*ACTION ITEM*. Consider each line of the material below and note whether it holds "found". State how many do, and nothing else.

*INPUT MATERIAL*.
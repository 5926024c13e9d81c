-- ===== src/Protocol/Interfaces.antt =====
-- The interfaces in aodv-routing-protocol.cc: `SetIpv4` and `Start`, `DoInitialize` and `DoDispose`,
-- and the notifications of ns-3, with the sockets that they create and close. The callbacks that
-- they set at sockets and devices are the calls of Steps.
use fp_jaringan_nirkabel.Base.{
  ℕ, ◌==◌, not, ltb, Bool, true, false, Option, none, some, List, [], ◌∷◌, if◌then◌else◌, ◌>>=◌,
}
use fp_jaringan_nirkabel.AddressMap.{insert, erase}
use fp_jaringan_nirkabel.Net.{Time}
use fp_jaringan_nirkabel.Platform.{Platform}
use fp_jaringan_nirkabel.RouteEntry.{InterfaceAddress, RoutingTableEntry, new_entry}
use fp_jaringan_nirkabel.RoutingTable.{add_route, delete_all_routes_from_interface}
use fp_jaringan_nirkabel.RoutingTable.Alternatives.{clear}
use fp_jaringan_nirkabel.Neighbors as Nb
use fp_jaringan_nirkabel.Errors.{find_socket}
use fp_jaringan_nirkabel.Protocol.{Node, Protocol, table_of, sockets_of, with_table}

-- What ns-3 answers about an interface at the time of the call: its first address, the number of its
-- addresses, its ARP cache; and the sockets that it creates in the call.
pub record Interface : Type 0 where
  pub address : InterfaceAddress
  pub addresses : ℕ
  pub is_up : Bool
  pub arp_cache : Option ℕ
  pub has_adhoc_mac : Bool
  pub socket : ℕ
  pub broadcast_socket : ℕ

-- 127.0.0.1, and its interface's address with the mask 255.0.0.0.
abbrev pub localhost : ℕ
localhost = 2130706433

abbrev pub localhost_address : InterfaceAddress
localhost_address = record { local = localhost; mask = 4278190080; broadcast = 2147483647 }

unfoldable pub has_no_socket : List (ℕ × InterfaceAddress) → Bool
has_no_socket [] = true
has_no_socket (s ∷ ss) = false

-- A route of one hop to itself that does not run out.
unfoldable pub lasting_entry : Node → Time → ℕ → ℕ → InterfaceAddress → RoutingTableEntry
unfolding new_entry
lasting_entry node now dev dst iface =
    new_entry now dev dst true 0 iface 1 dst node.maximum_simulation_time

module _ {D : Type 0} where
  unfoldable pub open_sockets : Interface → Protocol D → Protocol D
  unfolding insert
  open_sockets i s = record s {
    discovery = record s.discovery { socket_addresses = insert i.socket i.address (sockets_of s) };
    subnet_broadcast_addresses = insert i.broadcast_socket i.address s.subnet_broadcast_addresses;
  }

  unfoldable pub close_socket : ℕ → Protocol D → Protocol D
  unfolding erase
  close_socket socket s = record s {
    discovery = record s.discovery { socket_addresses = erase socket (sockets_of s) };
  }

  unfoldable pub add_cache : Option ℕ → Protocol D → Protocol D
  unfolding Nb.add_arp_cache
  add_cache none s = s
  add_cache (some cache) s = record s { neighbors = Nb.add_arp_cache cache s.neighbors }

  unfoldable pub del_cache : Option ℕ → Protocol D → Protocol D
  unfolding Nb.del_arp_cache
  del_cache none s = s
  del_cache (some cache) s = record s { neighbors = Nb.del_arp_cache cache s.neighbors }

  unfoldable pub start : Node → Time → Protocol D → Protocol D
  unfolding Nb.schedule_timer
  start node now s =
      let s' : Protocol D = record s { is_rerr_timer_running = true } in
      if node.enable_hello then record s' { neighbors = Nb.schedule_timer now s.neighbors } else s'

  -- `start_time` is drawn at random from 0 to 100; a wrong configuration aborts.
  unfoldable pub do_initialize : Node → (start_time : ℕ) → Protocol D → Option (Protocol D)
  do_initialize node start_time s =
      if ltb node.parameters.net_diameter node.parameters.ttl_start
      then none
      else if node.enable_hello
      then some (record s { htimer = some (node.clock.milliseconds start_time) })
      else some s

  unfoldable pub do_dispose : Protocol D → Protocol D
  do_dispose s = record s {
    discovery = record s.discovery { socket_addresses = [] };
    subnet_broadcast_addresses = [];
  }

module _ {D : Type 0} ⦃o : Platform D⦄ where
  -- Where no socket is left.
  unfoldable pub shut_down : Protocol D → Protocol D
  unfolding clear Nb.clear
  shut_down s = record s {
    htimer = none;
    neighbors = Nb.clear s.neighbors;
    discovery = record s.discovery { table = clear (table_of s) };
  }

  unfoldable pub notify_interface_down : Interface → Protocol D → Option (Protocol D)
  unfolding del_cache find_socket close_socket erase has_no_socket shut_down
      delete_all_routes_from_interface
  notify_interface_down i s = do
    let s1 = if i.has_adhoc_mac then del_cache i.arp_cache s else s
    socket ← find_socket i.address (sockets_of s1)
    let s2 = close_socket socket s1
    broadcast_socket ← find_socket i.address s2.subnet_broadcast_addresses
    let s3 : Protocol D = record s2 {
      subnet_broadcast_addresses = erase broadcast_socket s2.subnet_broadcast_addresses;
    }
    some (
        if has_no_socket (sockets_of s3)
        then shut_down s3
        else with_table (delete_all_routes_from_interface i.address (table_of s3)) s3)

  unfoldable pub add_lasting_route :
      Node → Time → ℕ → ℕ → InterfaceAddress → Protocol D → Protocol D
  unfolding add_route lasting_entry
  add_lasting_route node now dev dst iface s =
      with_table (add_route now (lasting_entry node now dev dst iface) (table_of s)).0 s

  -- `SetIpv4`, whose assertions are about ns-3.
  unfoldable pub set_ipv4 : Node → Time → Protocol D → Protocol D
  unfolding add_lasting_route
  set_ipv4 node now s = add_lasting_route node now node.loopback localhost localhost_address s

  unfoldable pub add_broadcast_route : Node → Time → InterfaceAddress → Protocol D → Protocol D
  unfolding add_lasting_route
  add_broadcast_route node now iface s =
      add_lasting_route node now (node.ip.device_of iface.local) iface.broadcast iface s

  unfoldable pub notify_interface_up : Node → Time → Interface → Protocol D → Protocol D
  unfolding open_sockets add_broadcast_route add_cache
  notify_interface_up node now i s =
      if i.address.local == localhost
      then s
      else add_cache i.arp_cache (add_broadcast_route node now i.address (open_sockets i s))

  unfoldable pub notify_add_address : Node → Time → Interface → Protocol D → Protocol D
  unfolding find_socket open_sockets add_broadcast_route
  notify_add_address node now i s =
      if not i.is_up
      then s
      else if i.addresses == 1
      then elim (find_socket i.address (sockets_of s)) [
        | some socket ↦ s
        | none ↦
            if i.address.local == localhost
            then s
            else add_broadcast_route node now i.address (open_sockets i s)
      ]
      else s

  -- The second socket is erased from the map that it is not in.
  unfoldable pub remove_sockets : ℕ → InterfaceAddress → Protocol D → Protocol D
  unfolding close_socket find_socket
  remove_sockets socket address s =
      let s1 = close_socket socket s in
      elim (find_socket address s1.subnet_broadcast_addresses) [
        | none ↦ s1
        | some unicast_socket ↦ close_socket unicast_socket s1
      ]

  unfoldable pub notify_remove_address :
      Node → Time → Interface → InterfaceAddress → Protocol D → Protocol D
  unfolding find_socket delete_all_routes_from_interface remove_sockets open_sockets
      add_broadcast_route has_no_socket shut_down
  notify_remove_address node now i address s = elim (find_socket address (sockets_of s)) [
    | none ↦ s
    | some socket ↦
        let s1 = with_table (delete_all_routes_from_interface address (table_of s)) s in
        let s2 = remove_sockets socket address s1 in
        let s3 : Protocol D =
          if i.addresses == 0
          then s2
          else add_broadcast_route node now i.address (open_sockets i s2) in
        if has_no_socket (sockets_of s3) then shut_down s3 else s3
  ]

* * *

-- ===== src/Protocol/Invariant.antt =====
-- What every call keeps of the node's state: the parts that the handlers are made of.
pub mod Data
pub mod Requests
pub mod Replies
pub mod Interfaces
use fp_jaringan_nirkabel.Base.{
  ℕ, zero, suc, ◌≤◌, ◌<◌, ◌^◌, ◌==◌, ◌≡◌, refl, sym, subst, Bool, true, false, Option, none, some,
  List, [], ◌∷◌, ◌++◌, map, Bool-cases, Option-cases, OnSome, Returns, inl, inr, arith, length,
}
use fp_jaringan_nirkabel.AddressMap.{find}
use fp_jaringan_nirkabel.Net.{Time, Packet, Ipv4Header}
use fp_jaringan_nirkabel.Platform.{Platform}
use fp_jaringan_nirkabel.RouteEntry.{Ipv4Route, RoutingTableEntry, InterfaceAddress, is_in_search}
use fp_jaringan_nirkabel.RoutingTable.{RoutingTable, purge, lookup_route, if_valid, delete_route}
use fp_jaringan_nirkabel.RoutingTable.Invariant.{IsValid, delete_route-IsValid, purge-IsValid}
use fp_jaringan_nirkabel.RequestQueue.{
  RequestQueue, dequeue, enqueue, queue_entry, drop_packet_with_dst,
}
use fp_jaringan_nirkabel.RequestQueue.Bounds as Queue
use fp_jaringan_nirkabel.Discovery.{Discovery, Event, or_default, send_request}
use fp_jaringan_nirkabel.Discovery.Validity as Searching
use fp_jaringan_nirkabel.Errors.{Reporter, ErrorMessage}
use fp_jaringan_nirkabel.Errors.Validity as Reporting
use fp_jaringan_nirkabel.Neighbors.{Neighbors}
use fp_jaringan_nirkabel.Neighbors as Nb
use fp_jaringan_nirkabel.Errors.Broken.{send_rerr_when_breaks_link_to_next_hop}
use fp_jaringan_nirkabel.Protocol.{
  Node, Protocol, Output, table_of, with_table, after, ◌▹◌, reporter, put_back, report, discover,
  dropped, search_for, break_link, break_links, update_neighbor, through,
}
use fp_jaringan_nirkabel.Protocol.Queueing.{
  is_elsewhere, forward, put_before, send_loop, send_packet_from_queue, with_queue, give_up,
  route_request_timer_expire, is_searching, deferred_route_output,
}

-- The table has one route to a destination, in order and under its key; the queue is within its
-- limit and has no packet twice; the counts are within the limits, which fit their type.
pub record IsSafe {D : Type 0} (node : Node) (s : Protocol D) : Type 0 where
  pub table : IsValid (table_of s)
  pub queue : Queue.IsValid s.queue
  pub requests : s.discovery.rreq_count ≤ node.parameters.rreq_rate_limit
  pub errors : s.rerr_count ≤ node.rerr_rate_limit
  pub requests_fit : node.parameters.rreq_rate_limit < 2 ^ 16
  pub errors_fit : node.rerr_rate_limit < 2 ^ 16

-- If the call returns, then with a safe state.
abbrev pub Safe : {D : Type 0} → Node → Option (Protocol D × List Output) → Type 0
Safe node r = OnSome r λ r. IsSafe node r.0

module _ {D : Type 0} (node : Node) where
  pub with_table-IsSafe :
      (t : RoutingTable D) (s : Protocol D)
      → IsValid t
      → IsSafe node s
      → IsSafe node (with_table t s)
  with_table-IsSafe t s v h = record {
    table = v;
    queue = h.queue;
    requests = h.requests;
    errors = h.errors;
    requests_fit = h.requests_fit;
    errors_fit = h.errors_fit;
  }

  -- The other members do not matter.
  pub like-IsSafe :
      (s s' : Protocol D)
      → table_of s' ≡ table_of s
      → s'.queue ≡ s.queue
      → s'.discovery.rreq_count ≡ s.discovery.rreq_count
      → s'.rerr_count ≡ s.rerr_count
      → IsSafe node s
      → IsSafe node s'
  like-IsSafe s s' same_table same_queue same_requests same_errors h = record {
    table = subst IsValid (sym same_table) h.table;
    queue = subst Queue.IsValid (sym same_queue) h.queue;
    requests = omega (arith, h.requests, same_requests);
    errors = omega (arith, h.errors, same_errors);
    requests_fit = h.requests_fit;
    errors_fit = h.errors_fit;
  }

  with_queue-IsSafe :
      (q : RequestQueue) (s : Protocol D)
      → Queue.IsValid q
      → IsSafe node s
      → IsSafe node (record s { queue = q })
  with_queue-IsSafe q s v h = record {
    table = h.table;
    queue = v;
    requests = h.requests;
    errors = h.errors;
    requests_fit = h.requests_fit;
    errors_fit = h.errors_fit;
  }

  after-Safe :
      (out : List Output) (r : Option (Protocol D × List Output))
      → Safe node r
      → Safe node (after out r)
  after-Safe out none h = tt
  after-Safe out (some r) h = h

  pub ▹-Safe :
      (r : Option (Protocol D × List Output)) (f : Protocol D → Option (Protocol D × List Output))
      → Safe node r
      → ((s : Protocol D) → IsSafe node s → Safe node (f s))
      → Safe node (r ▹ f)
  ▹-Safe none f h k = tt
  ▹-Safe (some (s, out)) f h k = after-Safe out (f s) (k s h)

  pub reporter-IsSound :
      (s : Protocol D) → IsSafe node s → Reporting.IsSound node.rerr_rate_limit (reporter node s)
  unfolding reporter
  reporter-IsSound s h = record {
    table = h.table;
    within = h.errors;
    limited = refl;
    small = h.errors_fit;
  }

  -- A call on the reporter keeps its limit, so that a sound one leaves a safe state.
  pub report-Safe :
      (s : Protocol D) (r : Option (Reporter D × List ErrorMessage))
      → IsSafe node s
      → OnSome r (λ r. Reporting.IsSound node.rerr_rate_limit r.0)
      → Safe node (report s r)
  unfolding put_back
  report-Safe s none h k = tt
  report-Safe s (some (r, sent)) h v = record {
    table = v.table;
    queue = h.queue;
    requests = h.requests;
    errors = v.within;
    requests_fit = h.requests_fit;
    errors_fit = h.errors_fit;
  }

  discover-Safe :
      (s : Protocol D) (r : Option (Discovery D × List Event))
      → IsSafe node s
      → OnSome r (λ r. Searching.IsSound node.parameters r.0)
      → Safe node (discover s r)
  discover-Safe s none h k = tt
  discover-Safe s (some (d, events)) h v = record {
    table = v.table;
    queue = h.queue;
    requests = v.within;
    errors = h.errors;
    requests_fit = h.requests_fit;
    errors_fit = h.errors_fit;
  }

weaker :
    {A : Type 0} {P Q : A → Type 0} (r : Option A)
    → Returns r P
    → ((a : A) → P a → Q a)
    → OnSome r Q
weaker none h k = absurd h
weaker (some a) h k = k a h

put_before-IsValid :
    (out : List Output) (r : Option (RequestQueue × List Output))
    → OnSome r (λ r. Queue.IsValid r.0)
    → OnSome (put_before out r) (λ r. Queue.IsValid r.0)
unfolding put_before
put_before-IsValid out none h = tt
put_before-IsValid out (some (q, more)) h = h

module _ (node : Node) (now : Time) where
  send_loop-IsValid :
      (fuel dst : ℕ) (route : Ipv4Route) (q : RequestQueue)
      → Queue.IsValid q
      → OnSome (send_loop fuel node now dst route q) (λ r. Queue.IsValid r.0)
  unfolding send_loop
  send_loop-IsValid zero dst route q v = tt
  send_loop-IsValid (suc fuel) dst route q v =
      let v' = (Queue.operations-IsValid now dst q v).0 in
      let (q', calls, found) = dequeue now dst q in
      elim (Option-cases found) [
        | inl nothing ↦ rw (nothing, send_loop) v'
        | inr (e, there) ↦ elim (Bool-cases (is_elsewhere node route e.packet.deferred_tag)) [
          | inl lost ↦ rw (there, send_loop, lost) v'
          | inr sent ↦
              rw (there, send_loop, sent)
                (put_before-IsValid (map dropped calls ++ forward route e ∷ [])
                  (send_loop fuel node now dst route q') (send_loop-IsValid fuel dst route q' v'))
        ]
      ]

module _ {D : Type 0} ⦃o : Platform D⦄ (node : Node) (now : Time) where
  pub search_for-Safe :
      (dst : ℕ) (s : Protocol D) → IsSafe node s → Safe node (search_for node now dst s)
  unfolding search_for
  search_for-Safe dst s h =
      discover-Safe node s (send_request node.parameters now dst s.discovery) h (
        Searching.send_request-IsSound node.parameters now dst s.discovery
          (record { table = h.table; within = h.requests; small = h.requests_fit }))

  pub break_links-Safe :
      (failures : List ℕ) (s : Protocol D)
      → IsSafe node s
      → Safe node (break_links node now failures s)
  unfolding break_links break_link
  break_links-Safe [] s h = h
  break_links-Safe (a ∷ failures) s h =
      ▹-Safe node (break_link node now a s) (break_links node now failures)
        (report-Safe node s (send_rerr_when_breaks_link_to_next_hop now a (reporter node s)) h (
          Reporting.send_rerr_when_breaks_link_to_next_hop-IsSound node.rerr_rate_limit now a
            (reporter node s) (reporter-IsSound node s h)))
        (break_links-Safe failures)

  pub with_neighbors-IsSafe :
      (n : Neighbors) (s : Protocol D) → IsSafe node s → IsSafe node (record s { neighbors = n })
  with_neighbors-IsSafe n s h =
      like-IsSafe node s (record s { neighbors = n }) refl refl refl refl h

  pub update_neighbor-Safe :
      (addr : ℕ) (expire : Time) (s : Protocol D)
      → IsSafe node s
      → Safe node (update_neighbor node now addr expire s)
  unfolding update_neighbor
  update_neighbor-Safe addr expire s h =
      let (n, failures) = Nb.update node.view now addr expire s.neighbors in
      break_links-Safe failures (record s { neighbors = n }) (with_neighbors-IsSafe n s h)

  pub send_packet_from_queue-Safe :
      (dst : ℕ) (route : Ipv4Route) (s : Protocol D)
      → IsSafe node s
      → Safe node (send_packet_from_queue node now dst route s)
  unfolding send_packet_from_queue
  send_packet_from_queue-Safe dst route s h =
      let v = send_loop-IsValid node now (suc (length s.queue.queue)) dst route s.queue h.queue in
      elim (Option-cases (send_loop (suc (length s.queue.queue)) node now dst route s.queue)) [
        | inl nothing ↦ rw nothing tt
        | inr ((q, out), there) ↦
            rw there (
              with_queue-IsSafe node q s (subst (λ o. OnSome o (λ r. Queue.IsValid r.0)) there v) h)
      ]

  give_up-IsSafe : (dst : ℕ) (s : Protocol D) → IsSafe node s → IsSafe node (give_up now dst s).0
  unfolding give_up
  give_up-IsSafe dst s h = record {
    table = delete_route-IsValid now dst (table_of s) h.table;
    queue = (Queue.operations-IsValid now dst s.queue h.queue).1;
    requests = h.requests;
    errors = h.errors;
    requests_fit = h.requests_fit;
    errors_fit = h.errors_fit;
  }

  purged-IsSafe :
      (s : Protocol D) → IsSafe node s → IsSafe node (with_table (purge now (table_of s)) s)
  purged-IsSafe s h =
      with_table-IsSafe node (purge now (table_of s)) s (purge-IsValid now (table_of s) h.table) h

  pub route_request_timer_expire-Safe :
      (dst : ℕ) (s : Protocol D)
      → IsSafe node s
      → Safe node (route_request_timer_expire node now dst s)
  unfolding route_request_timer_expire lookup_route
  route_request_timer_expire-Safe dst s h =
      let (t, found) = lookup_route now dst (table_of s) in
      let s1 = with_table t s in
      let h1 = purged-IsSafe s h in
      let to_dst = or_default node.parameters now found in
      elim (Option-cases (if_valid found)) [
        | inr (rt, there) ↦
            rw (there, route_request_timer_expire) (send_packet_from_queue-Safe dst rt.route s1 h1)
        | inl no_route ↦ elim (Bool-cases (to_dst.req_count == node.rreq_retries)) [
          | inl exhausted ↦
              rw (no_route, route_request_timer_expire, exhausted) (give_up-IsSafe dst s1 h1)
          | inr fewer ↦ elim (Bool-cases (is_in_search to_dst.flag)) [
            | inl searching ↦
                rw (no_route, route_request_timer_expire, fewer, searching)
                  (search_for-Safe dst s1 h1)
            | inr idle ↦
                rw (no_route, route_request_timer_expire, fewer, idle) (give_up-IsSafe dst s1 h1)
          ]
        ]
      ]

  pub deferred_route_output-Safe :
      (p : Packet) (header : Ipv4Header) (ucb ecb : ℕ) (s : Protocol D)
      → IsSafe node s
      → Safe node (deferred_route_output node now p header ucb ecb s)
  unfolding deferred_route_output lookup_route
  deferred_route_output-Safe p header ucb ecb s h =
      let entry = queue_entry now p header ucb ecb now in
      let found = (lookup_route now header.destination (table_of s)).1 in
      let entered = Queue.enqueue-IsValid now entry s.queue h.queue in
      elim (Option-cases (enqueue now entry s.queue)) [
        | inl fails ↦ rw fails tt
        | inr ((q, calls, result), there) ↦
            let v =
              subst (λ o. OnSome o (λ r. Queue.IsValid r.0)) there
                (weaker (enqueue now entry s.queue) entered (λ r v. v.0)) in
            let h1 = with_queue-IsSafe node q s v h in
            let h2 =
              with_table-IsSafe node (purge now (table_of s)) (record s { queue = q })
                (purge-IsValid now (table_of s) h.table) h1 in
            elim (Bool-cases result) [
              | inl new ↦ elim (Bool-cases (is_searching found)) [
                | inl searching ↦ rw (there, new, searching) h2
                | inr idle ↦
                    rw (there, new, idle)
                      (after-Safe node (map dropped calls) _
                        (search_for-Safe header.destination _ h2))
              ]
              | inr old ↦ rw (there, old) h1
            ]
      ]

*SOLUTION*. 7